IE Flaw Exploit In Hacker Kit 'Raises the Stakes'

CWmike writes "Roger Thompson, chief research officer of AVG Technologies, said Sunday that an exploit for the newest IE flaw had been added to the Eleonore crimeware attack kit. 'This raises the stakes considerably, as it means that anyone can buy the kit for a few hundred bucks, and they have a working zero-day,' Thompson said on his company's blog. Microsoft has promised to patch the vulnerability, but last week said the threat didn't warrant an 'out-of-band' update. Microsoft will deliver three security updates Nov. 9, but won't fix the IE bug then."

Bug is really for Windows XP

This bug is really only a serious problem for Windows XP users. (Yes, I know there are still a lot of them - however there are also a lot of Windows 7 users now and some Vista users). For Vista and Windows 7, since IE runs not just as a standard user, but also with Protected Mode (less than standard user rights and cannot write to the file system or registry outside of some very restricted locations, it isn't really an issue. Hence the lower priority on the patch.

Re:Bug is really for Windows XP

[NetNed]

Ah no it is a IE6 and potentially a IE7 problem if you do not have DEP turned on. It is on by default on IE8, but not in 7 and doesn't exist in 6. Really has nothing to do with the UAC controls in place on Vista or Windows 7 since DEP is the front line defense against these attacks and works to stop the attacks before any registry altering is even possible.

Re:Bug is really for Windows XP

Ah no it is a IE6 and potentially a IE7 problem if you do not have DEP turned on.

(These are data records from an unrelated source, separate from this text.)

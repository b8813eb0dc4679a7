-- ===== src/Rfit/World/Search.antt =====
-- src/RFIT/T/task.cpp, what a thread does: `getInstance` with the two ways to get an instance from
-- elsewhere, and `task_done`. A method takes the address `t` of the thread that runs it.
use tpfaas.Base.{
  ℕ, ◌-◌, ◌/◌, Bool, true, false, not, ◌&&◌, ◌||◌, List, [], ◌∷◌, ltb, leb, pos, ◌==◌,
  if◌then◌else◌, Outcome, ok, fault, dangling, ◌>>=◌, ◌>>◌, assert,
}
use tpfaas.Wavm.{map_size}
use tpfaas.Rfit.Function.{null, is_concurrency, scale_cap}
use tpfaas.Rfit.Task.{
  local_count, take_i_from_i_local_map, try_get_i_from_f2t, attach_to_f, get_i_and_supply,
  try_get_i_from_other_t2t,
}
use tpfaas.Rfit.World.{Platform, World, hash_of, set_f, set_t}
use tpfaas.Rfit.World.Threads.{remove_t_from_busy, put_t2_idle}
use tpfaas.Rfit.World.Requests.{release_instance_space}

module _ (p : Platform) where
  -- What both searches end with: an instance from the thread's own map, and the thread attached to
  -- the function at `fa`.
  unfoldable pub take_and_attach : World p → ℕ → ℕ → Outcome (ℕ × World p)
  take_and_attach w t fa =
      let (i, _, t1) = take_i_from_i_local_map p.hm (w.threads t) in
      do
        assert (not (i == null))
        (t2, f1) ← attach_to_f p.hm t1 fa (w.functions fa)
        ok (i, set_f p (set_t p w t t2) fa f1)

  -- The loop of `get_instance_form_R_all_F_global_queue`. `tryGetIFromF2T_safe` pulls from the
  -- function that the thread works for, whichever function the loop is at.
  unfoldable pub search_functions : World p → ℕ → List ℕ → Outcome (ℕ × World p)
  search_functions w t [] = ok (null, w)
  search_functions w t (fa ∷ rest) =
      let skip = search_functions w t rest in
      let own = (w.threads t).work_for in
      let half = (w.functions fa).concurrency_limit / 2 in
      let (pulled, t1, f1) =
        try_get_i_from_f2t p.hm (hash_of p w) (w.threads t) (w.functions own) half in
      let w1 = set_f p (set_t p w t t1) own f1 in
      let next = search_functions w1 t rest in
      if is_concurrency (w.functions fa)
      then (if pulled == 0 then next else take_and_attach w1 t fa)
      else skip

  -- `get_instance_form_R_all_F_global_queue`
  unfoldable pub get_instance_from_functions : World p → ℕ → Outcome (ℕ × World p)
  get_instance_from_functions w t =
      search_functions w t (w.resources (w.functions (w.threads t).work_for).r).functions

  -- The loop of `steal_instance_form_R_all_busy_T_local_queue` over the busy threads.
  unfoldable pub search_busy : World p → ℕ → List (ℕ × ℕ) → Outcome (ℕ × World p)
  search_busy w t [] = ok (null, w)
  search_busy w t ((_, other) ∷ rest) =
      let skip = search_busy w t rest in
      let other_t = w.threads other in
      let fa = other_t.work_for in
      let f = w.functions fa in
      let (pulled, t1, _) = try_get_i_from_other_t2t p.hm (hash_of p w) (w.threads t) other_t f in
      let w1 = set_t p w t t1 in
      let next = search_busy w1 t rest in
      let count = local_count p.hm other_t in
      if fa == null
      then fault dangling
      else if is_concurrency f && leb f.concurrency_limit count && ltb 0 (count / 2)
      then (if pulled == 0 then next else take_and_attach w1 t fa)
      else skip

  -- `steal_instance_form_R_all_busy_T_local_queue`
  unfoldable pub steal_instance_from_busy : World p → ℕ → Outcome (ℕ × World p)
  steal_instance_from_busy w t =
      let busy = (w.resources (w.functions (w.threads t).work_for).r).busy_task in
      if map_size p.hm busy == 0 then ok (null, w) else search_busy w t (p.hm.entries busy)

  -- The searches that `STEAL_INSTANCE` builds in, after an empty hand.
  unfoldable pub search_elsewhere : World p → ℕ → ℕ → Outcome (ℕ × World p)
  search_elsewhere w t i = if not p.steal_instance || not (i == null) then ok (i, w) else (do
    (i1, w1) ← get_instance_from_functions w t
    if i1 == null then steal_instance_from_busy w1 t else ok (i1, w1))

  -- What becomes of the thread: it deals with the instance, or it goes idle. The result says
  -- whether `getInstance` returns; if not, the thread waits at its semaphore.
  unfoldable pub settle : World p → ℕ → ℕ → Outcome (Bool × World p)
  settle w t i =
      if not (i == null)
      then ok
          (true, set_t p w t (record (w.threads t) { work_for = (w.instances i).f; deal_with = i }))
      else (let ra = (w.functions (w.threads t).work_for).r in
          do w1 ← remove_t_from_busy p w ra t; w2 ← put_t2_idle p w1 ra t; ok (false, w2))

  -- `!workFor->isConcurrency() && directRun`, with an instance at hand
  abbrev pub runs_directly : World p → ℕ → Bool
  runs_directly w t =
      let th = w.threads t in
      not (th.deal_with == null)
      && (not (th.work_for == null)
          && (not (is_concurrency (w.functions th.work_for)) && th.direct_run))

  -- `getInstance` from its start, or from `find:`, up to its return or to `thread_sleep`
  unfoldable pub get_instance : World p → ℕ → Outcome (Bool × World p)
  get_instance w t =
      let th = w.threads t in
      let fa = th.work_for in
      if runs_directly w t
      then ok (true, set_t p w t (record th { direct_run = false }))
      else if fa == null
      then fault dangling
      else (do
        (i, t1, f1) ← get_i_and_supply p.hm (hash_of p w) th (w.functions fa)
        (i1, w1) ← search_elsewhere (set_f p (set_t p w t t1) fa f1) t i
        settle w1 t i1)

  -- `thread_sleep` that returns, and `goto find`
  unfoldable pub sleep_and_find : World p → ℕ → Outcome (Bool × World p)
  sleep_and_find w t =
      let th = w.threads t in
      if th.sem_word == 0
      then ok (false, w)
      else get_instance (set_t p w t (record th { sem_word = th.sem_word - 1 })) t

  -- The part of `task_done` between the saved context and `getInstance`: the instance that has been
  -- run is released, and its place given back.
  unfoldable pub finish_instance : World p → ℕ → Outcome (World p)
  finish_instance w t =
      let th = w.threads t in
      let fa = th.work_for in
      if th.direct_run || th.deal_with == null
      then ok w
      else if fa == null
      then fault dangling
      else if is_concurrency (w.functions fa)
      then (do
        (_, f1) ← scale_cap (w.functions fa) (pos 1)
        ok (release_instance_space p (set_f p w fa f1) th.deal_with))
      else ok (release_instance_space p w th.deal_with)

  -- `task_done` from the saved context, to which each function that a thread has run returns
  unfoldable pub task_done : World p → ℕ → Outcome (Bool × World p)
  task_done w t = do w1 ← finish_instance w t; get_instance w1 t
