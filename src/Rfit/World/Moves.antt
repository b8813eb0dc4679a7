-- ===== src/Rfit/World/Moves.antt =====
-- What the moves of a thread between the idle queue and the busy map come to, where their
-- assertions hold.
use tpfaas.Base.{ℕ, ◌≡◌, ◌≢◌, false, none, some, arith, ok}
use tpfaas.Utils.Queue
use tpfaas.Rfit.Function.{null}
use tpfaas.Rfit.Task.{TStatus}
use tpfaas.Rfit.World.{Platform, World, set_r, set_t}
use tpfaas.Rfit.World.Threads.{put_t2_busy, remove_t_from_busy, put_t2_idle}

module _ (p : Platform) where
  abbrev pub in_busy : World p → ℕ → ℕ → World p
  in_busy w ra t =
      let w1 = set_t p w t (record (w.threads t) { status = TStatus.busy }) in
      let r = w1.resources ra in
      set_r p w1 ra (record r { busy_task = p.hm.add r.busy_task (w1.threads t).hash t })

  pub put_t2_busy_ok :
      (w : World p) (ra t : ℕ)
      → t ≢ null
      → (w.threads t).status ≡ TStatus.none
      → p.hm.get (w.resources ra).busy_task (w.threads t).hash ≡ none
      → put_t2_busy p w ra t ≡ ok (in_busy w ra t)
  unfolding put_t2_busy
  put_t2_busy_ok w ra t some_t status free = ground arith

  abbrev pub off_busy : World p → ℕ → ℕ → World p
  off_busy w ra t =
      let w1 = set_t p w t (record (w.threads t) { status = TStatus.none }) in
      let r = w1.resources ra in
      let w2 =
        set_r p w1 ra (record r { busy_task = p.hm.remove r.busy_task (w1.threads t).hash }) in
      set_t p w2 t (record (w2.threads t) { work_for = null; direct_run = false })

  pub remove_t_from_busy_ok :
      (w : World p) (ra t other : ℕ)
      → t ≢ null
      → (w.threads t).status ≡ TStatus.busy
      → p.hm.get (w.resources ra).busy_task (w.threads t).hash ≡ some other
      → remove_t_from_busy p w ra t ≡ ok (off_busy w ra t)
  unfolding remove_t_from_busy
  remove_t_from_busy_ok w ra t other some_t status there = ground arith

  abbrev pub in_idle : World p → ℕ → ℕ → World p
  in_idle w ra t =
      let w1 = set_t p w t (record (w.threads t) { status = TStatus.idle }) in
      let r = w1.resources ra in
      set_r p w1 ra (record r { idle_task = Queue.enqueue r.idle_task t })

  pub put_t2_idle_ok :
      (w : World p) (ra t : ℕ)
      → t ≢ null
      → (w.threads t).status ≡ TStatus.none
      → put_t2_idle p w ra t ≡ ok (in_idle w ra t)
  unfolding put_t2_idle
  put_t2_idle_ok w ra t some_t status = ground arith
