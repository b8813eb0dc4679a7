-- ===== src/Rfit/World/Direct.antt =====
-- A thread that serves an instance of a function that is not concurrent.
use tpfaas.Base.{
  ℕ, suc, ◌≡◌, ◌≢◌, subst, sym, ◌∙◌, Bool, true, false, not, none, some, arith, ◌==◌, if◌then◌else◌,
  ok,
}
use mathlib.Core.Path.{fun_ext}
use tpfaas.Rfit.Function.{F, null, is_concurrency}
use tpfaas.Rfit.Task.{T, TStatus, get_i_and_supply}
use tpfaas.Rfit.World.{Platform, World, update, set_f, set_t, hash_of}
use tpfaas.Rfit.World.Requests.{new_t, bind_os_thread, release_instance_space}
use tpfaas.Rfit.World.Search.{
  get_instance, runs_directly, finish_instance, search_elsewhere, settle,
}
use tpfaas.Rfit.World.Moves.{
  in_busy, off_busy, in_idle, put_t2_busy_ok, remove_t_from_busy_ok, put_t2_idle_ok,
}

update_same {ℓ} : {A : Type ℓ} (g : ℕ → A) (a : ℕ) → update g a (g a) ≡ g
update_same g a = fun_ext λ q. ground arith

module _ (p : Platform) where
  -- The thread `t` is busy with the instance `i` of the function at `fa`.
  pub record Serves (w : World p) (t i fa : ℕ) (direct : Bool) : Type 0 where
    pub status : (w.threads t).status ≡ TStatus.busy
    pub deal_with : (w.threads t).deal_with ≡ i
    pub work_for : (w.threads t).work_for ≡ fa
    pub direct_run : (w.threads t).direct_run ≡ direct
    pub registered : p.hm.get (w.resources (w.functions fa).r).busy_task (w.threads t).hash ≡ some t
    pub alone : is_concurrency (w.functions fa) ≡ false

  -- The thread that a new instance gets, before it is put into the busy map.
  abbrev pub thread_for : World p → ℕ → ℕ → T p.hm
  thread_for w fa i =
      let direct = not (is_concurrency (w.functions fa)) in
      record {
        hash = p.hashing.hash (w.instances i).hash;
        sem_word = 0;
        work_for = fa;
        deal_with = (if direct then i else null);
        direct_run = direct;
        local_i_map = p.hm.empty;
        status = TStatus.none;
      }

  abbrev pub with_thread : World p → ℕ → ℕ → World p
  with_thread w fa i = record (set_t p w w.next (thread_for w fa i)) { next = suc w.next }

  pub new_t_direct :
      (w : World p) (fa i : ℕ)
      → w.live i ≡ true
      → w.next ≢ null
      → p.hm.get (w.resources (w.functions fa).r).busy_task (p.hashing.hash (w.instances i).hash)
        ≡ none
      → new_t p w fa i
        ≡ ok (bind_os_thread p (in_busy p (with_thread w fa i) (w.functions fa).r w.next) w.next).1
  unfolding new_t
  new_t_direct w fa i alive there fresh = rw (
    alive,
    put_t2_busy_ok p (with_thread w fa i) (w.functions fa).r w.next there (ground arith)
        (ground arith),
  )

  pub in_busy-Serves :
      (w : World p) (fa i : ℕ)
      → is_concurrency (w.functions fa) ≡ false
      → p.hm.get (w.resources (w.functions fa).r).busy_task (p.hashing.hash (w.instances i).hash)
        ≡ none
      → Serves
          (bind_os_thread p (in_busy p (with_thread w fa i) (w.functions fa).r w.next) w.next).1
          w.next
          i
          fa
          true
  unfolding bind_os_thread
  in_busy-Serves w fa i alone fresh =
      let added =
        p.hm.get_add (w.resources (w.functions fa).r).busy_task
          (p.hashing.hash (w.instances i).hash) w.next fresh in
      record {
        status = ground arith;
        deal_with = ground arith;
        work_for = ground arith;
        direct_run = ground arith;
        registered = ground (arith, added);
        alone = alone;
      }

  pub get_instance_direct :
      (w : World p) (t i fa : ℕ)
      → i ≢ null
      → fa ≢ null
      → Serves w t i fa true
      → get_instance p w t ≡ ok (true, set_t p w t (record (w.threads t) { direct_run = false }))
  unfolding get_instance
  get_instance_direct w t i fa some_i some_f s = ground arith

  pub finish_direct :
      (w : World p) (t i fa : ℕ)
      → i ≢ null
      → fa ≢ null
      → Serves w t i fa false
      → finish_instance p w t ≡ ok (release_instance_space p w i)
  unfolding finish_instance
  finish_direct w t i fa some_i some_f s = ground arith

  abbrev pub gone_idle : World p → ℕ → ℕ → World p
  gone_idle w ra t = in_idle p (off_busy p w ra t) ra t

  settle_direct :
      (w : World p) (t i fa : ℕ)
      → t ≢ null
      → Serves w t i fa false
      → settle p w t null ≡ ok (false, gone_idle w (w.functions (w.threads t).work_for).r t)
  unfolding settle
  settle_direct w t i fa some_t s =
      let ra = (w.functions (w.threads t).work_for).r in
      rw (
        remove_t_from_busy_ok p w ra t t some_t s.status (
            subst
              (λ (a : ℕ).
                p.hm.get (w.resources (w.functions a).r).busy_task (w.threads t).hash ≡ some t)
              (sym s.work_for) s.registered),
        put_t2_idle_ok p (off_busy p w ra t) ra t some_t (ground arith),
      )

  get_i_none :
      (h : ℕ → ℕ) (t : T p.hm) (f : F)
      → is_concurrency f ≡ false
      → get_i_and_supply p.hm h t f ≡ ok (null, t, f)
  unfolding get_i_and_supply
  get_i_none h t f alone = rw (alone, get_i_and_supply)

  search_off :
      (w : World p) (t i : ℕ) → p.steal_instance ≡ false → search_elsewhere p w t i ≡ ok (i, w)
  unfolding search_elsewhere
  search_off w t i off = rw (off, search_elsewhere)

  pub set_same :
      (w : World p) (t fa : ℕ) → set_f p (set_t p w t (w.threads t)) fa (w.functions fa) ≡ w
  set_same w t fa = λ i. record w {
    threads = update_same w.threads t i;
    functions = update_same w.functions fa i;
  }

  get_instance_search :
      (w : World p) (t : ℕ)
      → runs_directly p w t ≡ false
      → ((w.threads t).work_for == null) ≡ false
      → is_concurrency (w.functions (w.threads t).work_for) ≡ false
      → p.steal_instance ≡ false
      → get_instance p w t ≡ settle p w t null
  unfolding get_instance
  get_instance_search w t searches works alone off =
      rw (searches, get_instance)
        (rw (works) (
          rw (
            get_i_none (hash_of p w) (w.threads t) (w.functions (w.threads t).work_for) alone,
            search_off
                (set_f p (set_t p w t (w.threads t)) (w.threads t).work_for
                  (w.functions (w.threads t).work_for))
                t null off,
            set_same w t (w.threads t).work_for,
          )))

  -- What the thread finds in its searches: nothing, and without STEAL_INSTANCE it looks no further.
  pub get_instance_after :
      (w : World p) (t i fa : ℕ)
      → t ≢ null
      → fa ≢ null
      → p.steal_instance ≡ false
      → Serves w t i fa false
      → get_instance p w t ≡ ok (false, gone_idle w (w.functions (w.threads t).work_for).r t)
  get_instance_after w t i fa some_t some_f off s =
      get_instance_search w t (ground (arith, s.direct_run)) (ground (arith, s.work_for))
        (subst (λ (a : ℕ). is_concurrency (w.functions a) ≡ false) (sym s.work_for) s.alone) off
      ∙ settle_direct w t i fa some_t s

  pub direct_off :
      (w : World p) (t i fa : ℕ)
      → Serves w t i fa true
      → Serves (set_t p w t (record (w.threads t) { direct_run = false })) t i fa false
  direct_off w t i fa s = record {
    status = ground (arith, s.status);
    deal_with = ground (arith, s.deal_with);
    work_for = ground (arith, s.work_for);
    direct_run = ground arith;
    registered = ground (arith, s.registered);
    alone = s.alone;
  }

It is on by default on IE8, but not in 7 and doesn't exist in 6.

DEP is a hardware-based feature, so it is only "on by default on IE8" when the hardware supports it. There is plenty of old hardware out there either without NX support at all, or with NX disabled by default in the BIOS, perfectly capable of running IE8 and Windows 7, and they are vulnerable. For the former set of hardware, the only software fix is a patch from Microsoft. DEP fixes nothing when NX (or equivalent) doesn't exist.

Re:Bug is really for Windows XP

[NetNed]

No DEP is both hardware based and software based.

Microsoft has software based DEP listed as: "An additional set of Data Execution Prevention security checks have been added to Windows XP SP2. These checks, known as software-enforced DEP, are designed to block malicious code that takes advantage of exception-handling mechanisms in Windows. Software-enforced DEP runs on any processor that can run Windows XP SP2. By default, software-enforced DEP helps protect only limited system binaries, regardless of the hardware-enforced DEP capabilities of the processor."

You can read all about it here

Re:Bug is really for Windows XP

No DEP is both hardware based and software based.

Nope, DEP is hardware only. What Microsoft calls "software DEP" is nothing more than SafeSEH, which is a totally unrelated and considerably less useful security measure.

Zero-Day?

Err, I don't really think you can call it a zero-day anymore.

Re:Attack Kit?

I'm sure you could purchase it somewhere, if you wished. Google would probably help. Or, you could just checkout the latest Metasploit SVN, which is probably where the Eleonore kit writers got the exploit. There's been PoC exploit code in there since Thursday.

Becuase you are an administrator

[Sycraft-fu]

If you are an administrator of a system that by definition means you can do everything, including modify the registry. If you cannot understand this concept, then you need to learn more about how privilege levels in computers work and come back. There is no power without responsibility. The power to do something is the power to fuck something up.

Now as this applies to this specifically, most people who use Windows XP run as an administrator. They don't have to, you can run as a deprivileged user and indeed we make people here do that at work, but users do not choose to because it is a pain to do. That means any program they spawn runs with permissions to do anything, since that is the whole idea of an administrator. There is nothing special about a web browser, it is just a process. It can write to the registry, drive, or anything else. The OS doesn't put random restrictions on programs.

In Vista and 7, things are a little different. By default, even users flagged as administrators aren't actually running at an administrator privilege level. They run as regular users and have to elevate when they need to. This means that programs they launch without elevation cannot do things such as write to the registry, as that is not a normal user (and thus their programs) have. Also an additional layer of security was introduced called Mandatory Integrity Control. This allows for programs to be launched with even less privilege than a normal user has. This has to be configured per application, and the only thing I know that uses it is Internet Explorer. It restricts access much further, including denying read access to a great deal of what a user can read.

This is all the same deal as with UNIX. Though Windows permissions are different (Windows has far more granular security) it is the same basic thing. If you run a program as root in UNIX it can do everything, including mess with config files not belonging to it and so on. That is the point of root: To have access to everything. You can't grant that access to the user, but somehow deny it to the user's processes, that goes against the whole idea.

The fundamental problem is that people using XP and older run their systems as administrators, because it is easy to do. The first user you make is an administrator (the system must have one) and it doesn't make you make another. That means that all apps have all access.